> **REQUIREMENT**
Return every line from the one with "count = h.count;" through the one with "(k.id ≡ s.merge_file_cnt + 1)", inclusive, exactly as it appears below.

Start of RECORDS FOR THE TASK

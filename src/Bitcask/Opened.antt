-- ===== src/Bitcask/Opened.antt =====
-- bitcask/main.go: openMergeSegment, rotateMergeSegmentLocked and ensureMergeSegmentCapacityLocked leave
-- every file as it was.
use design_pocs.Common.{
  ℕ, ◌+◌, ◌≤◌, ◌<◌, ◌≡◌, ◌≢◌, suc, zero, inl, inr, refl, sym, ap, ◌∙◌, Bool, true, false, ◌&&◌,
  Bool-cases, Option, Option-cases, none, some, List, [], ◌∷◌, arith, Bytes, length, take_exact,
  lookup, Maybe, insert, lookup-insert, lookup-remove, lookup-insert_self, read_at, leb,
  if◌then◌else◌,
}
use design_pocs.Bitcask.Store.{
  FilePath, merge_data, merge_hint, path_eq, path_eq_iff, path_key, BitCask, create, file_of,
}
use design_pocs.Bitcask.Kept.{Handles, file_of-create}
use design_pocs.Bitcask.Segment.{
  MergeSegment, OpenOutcome, stat_fails, data_fails, hint_fails, data_size_fails, hint_size_fails,
  opens, MergeIo, data_path, without_hint, open_merge_segment, registered, rotate_merge_segment,
  ensure_merge_capacity,
}
use design_pocs.Bitcask.Grown.{Grown, Grown-refl, Current}

take_exact-le : (n : ℕ) (f x : Bytes) → take_exact n f ≡ some x → n ≤ length f
unfolding take_exact
take_exact-le zero f x e = omega arith
take_exact-le (suc n) [] x e = cc
take_exact-le (suc n) (y ∷ f) x e = elim (Option-cases (take_exact n f)) [
  | inl nothing ↦ ground arith
  | inr (r, found) ↦ omega (arith, take_exact-le n f r found)
]

pub read_at-le :
    (f : Bytes) (o n : ℕ) (x : Bytes) → 0 < n → read_at f o n ≡ some x → o + n ≤ length f
unfolding read_at
read_at-le f zero n x z e = omega (arith, take_exact-le n f x e)
read_at-le [] (suc o) n x z e = ground arith
read_at-le (y ∷ f) (suc o) n x z e = omega (arith, read_at-le f o n x z e)

file_of-without_hint :
    (p q : FilePath) (disk : List (FilePath × Bytes)) (o : Option Bytes)
    → lookup q disk ≡ o
    → file_of p (without_hint q disk o) ≡ file_of p disk
unfolding create
file_of-without_hint p q disk none e =
    ground (arith, lookup-remove q p (insert q [] disk), lookup-insert q p [] disk, path_eq_iff q p)
file_of-without_hint p q disk (some f) e = file_of-create p q disk

pub other_path : (p q : FilePath) → q ≢ p → path_eq p q ≡ false
other_path p q differ = elim (Bool-cases (path_eq p q)) [
  | inl same ↦ absurd (differ (sym ((path_eq_iff p q).0 same)))
  | inr apart ↦ apart
]

-- What an open gives: every file as it was, the same index, and a segment at the end of its file.
pub record HasOpened (n : ℕ) (s : BitCask) (r : BitCask × Option MergeSegment) : Type 0 where
  pub dir : r.0.key_dir ≡ s.key_dir
  pub count : r.0.file_cnt ≡ s.file_cnt
  pub offset : r.0.curr_offset ≡ s.curr_offset
  pub merges : r.0.merge_file_cnt ≡ s.merge_file_cnt
  pub files : (p : FilePath) → file_of p r.0.disk ≡ file_of p s.disk
  pub opened : (p : FilePath) → lookup p s.file_ptrs ≡ some p → lookup p r.0.file_ptrs ≡ some p
  pub filed_same : (p : FilePath) → p ≢ merge_data n → lookup p r.0.file_ptrs ≡ lookup p s.file_ptrs
  pub handles : Handles s → Handles r.0
  pub segment :
      Maybe
        (λ m.
          (m.id ≡ n)
          × (m.data_offset ≡ length (file_of (merge_data n) s.disk))
          × (lookup (data_path m) r.0.file_ptrs ≡ some (data_path m)))
        r.1

disk-HasOpened :
    (n : ℕ) (s : BitCask) (d : List (FilePath × Bytes))
    → ((p : FilePath) → file_of p d ≡ file_of p s.disk)
    → HasOpened n s (record s { disk = d }, none)
disk-HasOpened n s d files = record {
  dir = refl;
  count = refl;
  offset = refl;
  merges = refl;
  files = files;
  opened = λ p h. h;
  filed_same = λ p e. refl;
  handles = λ h. record { named = h.named };
  segment = tt;
}

pub open-HasOpened :
    (o : OpenOutcome) (n : ℕ) (s : BitCask) → HasOpened n s (registered (open_merge_segment o n s))
unfolding open_merge_segment
open-HasOpened stat_fails n s = disk-HasOpened n s s.disk (λ p. refl)
open-HasOpened data_fails n s = disk-HasOpened n s s.disk (λ p. refl)
open-HasOpened hint_fails n s =
    disk-HasOpened n s _
      (λ p. file_of-without_hint p (merge_data n) s.disk (lookup (merge_data n) s.disk) refl)
open-HasOpened data_size_fails n s = disk-HasOpened n s _ (λ p.
    file_of-create p (merge_hint n) (create (merge_data n) s.disk)
    ∙ file_of-create p (merge_data n) s.disk)
open-HasOpened hint_size_fails n s = disk-HasOpened n s _ (λ p.
    file_of-create p (merge_hint n) (create (merge_data n) s.disk)
    ∙ file_of-create p (merge_data n) s.disk)
open-HasOpened opens n s =
    let q = merge_data n in
    record {
      dir = refl;
      count = refl;
      offset = refl;
      merges = refl;
      files = λ p. file_of-create p (merge_hint n) (create q s.disk) ∙ file_of-create p q s.disk;
      opened = λ p h. ground (arith, lookup-insert q p q s.file_ptrs, path_eq_iff q p);
      filed_same = λ p e.
          let other : path_eq q p ≡ false = other_path q p e in
          ground (arith, lookup-insert q p q s.file_ptrs);
      handles = λ h. record {
        named =
            λ p g e. ground (arith, lookup-insert q p q s.file_ptrs, path_eq_iff q p, h.named p g);
      };
      segment = (
        refl,
        ap length (file_of-create q (merge_hint n) (create q s.disk) ∙ file_of-create q q s.disk),
        lookup-insert_self q q s.file_ptrs,
      );
    }

pub Maybe-map {κ μ ν} :
    {V : Type κ} (P : V → Type μ) (Q : V → Type ν)
    → ((v : V) → P v → Q v)
    → (o : Option V) → Maybe P o
    → Maybe Q o
Maybe-map P Q f none h = tt
Maybe-map P Q f (some v) h = f v h

-- A rotation gives a newer segment, or an error; the files and the index stay.
pub record HasRoom (m : MergeSegment) (s : BitCask) (r : BitCask × Option MergeSegment)
    : Type 0 where
  pub kept : Grown s m r.0 m
  pub segment : Maybe (λ k. Grown s m r.0 k × Current r.0 k) r.1

module _ (m : MergeSegment) (s : BitCask) (cur : Current s m) where
  abbrev next : BitCask
  next = record s { merge_file_cnt = s.merge_file_cnt + 1 }

  opened-Grown :
      (r : BitCask × Option MergeSegment)
      → HasOpened (s.merge_file_cnt + 1) next r
      → Grown s m r.0 m
  opened-Grown r h = record {
    dir = h.dir;
    count = h.count;
    offset = h.offset;
    opened = h.opened;
    handles = λ g. h.handles (record { named = g.named });
    ids = omega arith;
    settled = λ p o n x z d e q. e;
    content = λ p o n x z d e q. rw (h.files p) q;
    others = λ p d old. h.files p;
    filed_before =
        λ p old. h.filed_same p (λ e. omega (arith, old (s.merge_file_cnt + 1) e, cur.newest));
  }

  segment-Grown :
      (r : BitCask × Option MergeSegment)
      → HasOpened (s.merge_file_cnt + 1) next r
      → (k : MergeSegment)
      → (k.id ≡ s.merge_file_cnt + 1)
        × (k.data_offset ≡ length (file_of (merge_data (s.merge_file_cnt + 1)) s.disk))
        × (lookup (data_path k) r.0.file_ptrs ≡ some (data_path k))
      → Grown s m r.0 k × Current r.0 k
  segment-Grown r h k (number, size, filed) =
      let g = opened-Grown r h in
      (
        record {
          dir = g.dir;
          count = g.count;
          offset = g.offset;
          opened = g.opened;
          handles = g.handles;
          ids = omega (arith, cur.newest, number);
          settled = λ p o n x z d e q here.
              let same : p ≡ merge_data (s.merge_file_cnt + 1) = here ∙ ap merge_data number in
              let bound = read_at-le (file_of p s.disk) o n x z q in rw size (rw same at bound);
          content = g.content;
          others = g.others;
          filed_before = g.filed_before;
        },
        record { newest = number ∙ sym h.merges; filed = filed },
      )

  opened-HasRoom :
      (r : BitCask × Option MergeSegment) → HasOpened (s.merge_file_cnt + 1) next r → HasRoom m s r
  opened-HasRoom r h = record {
    kept = opened-Grown r h;
    segment = Maybe-map _ _ (segment-Grown r h) r.1 h.segment;
  }

  if-HasRoom :
      (b : Bool) (x y : BitCask × Option MergeSegment)
      → HasRoom m s x
      → HasRoom m s y
      → HasRoom m s (if b then x else y)
  if-HasRoom true x y h k = h
  if-HasRoom false x y h k = k

  rotate-HasRoom : (io : MergeIo) → HasRoom m s (rotate_merge_segment io m s)
  unfolding rotate_merge_segment
  rotate-HasRoom io =
      let n = s.merge_file_cnt + 1 in
      if-HasRoom (io.rotation_synced m.id && io.hint_closed m.id)
        (registered (open_merge_segment (io.opening n) n next)) (s, none)
        (opened-HasRoom _ (open-HasOpened (io.opening n) n next))
        (record { kept = Grown-refl s m; segment = tt })

  pub ensure-HasRoom : (io : MergeIo) (size : ℕ) → HasRoom m s (ensure_merge_capacity io m size s)
  unfolding ensure_merge_capacity
  ensure-HasRoom io size =
      if-HasRoom (leb (m.data_offset + size) s.max_file_size_bytes) (s, some m)
        (rotate_merge_segment io m s)
        (record { kept = Grown-refl s m; segment = (Grown-refl s m, cur) }) (rotate-HasRoom io)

End of RECORDS FOR THE TASK

> **RESULT BELOW**
    count = h.count;
    offset = h.offset;
    opened = h.opened;
    handles = λ g. h.handles (record { named = g.named });
    ids = omega arith;
    settled = λ p o n x z d e q. e;
    content = λ p o n x z d e q. rw (h.files p) q;
    others = λ p d old. h.files p;
    filed_before =
        λ p old. h.filed_same p (λ e. omega (arith, old (s.merge_file_cnt + 1) e, cur.newest));
  }

  segment-Grown :
      (r : BitCask × Option MergeSegment)
      → HasOpened (s.merge_file_cnt + 1) next r
      → (k : MergeSegment)
      → (k.id ≡ s.merge_file_cnt + 1)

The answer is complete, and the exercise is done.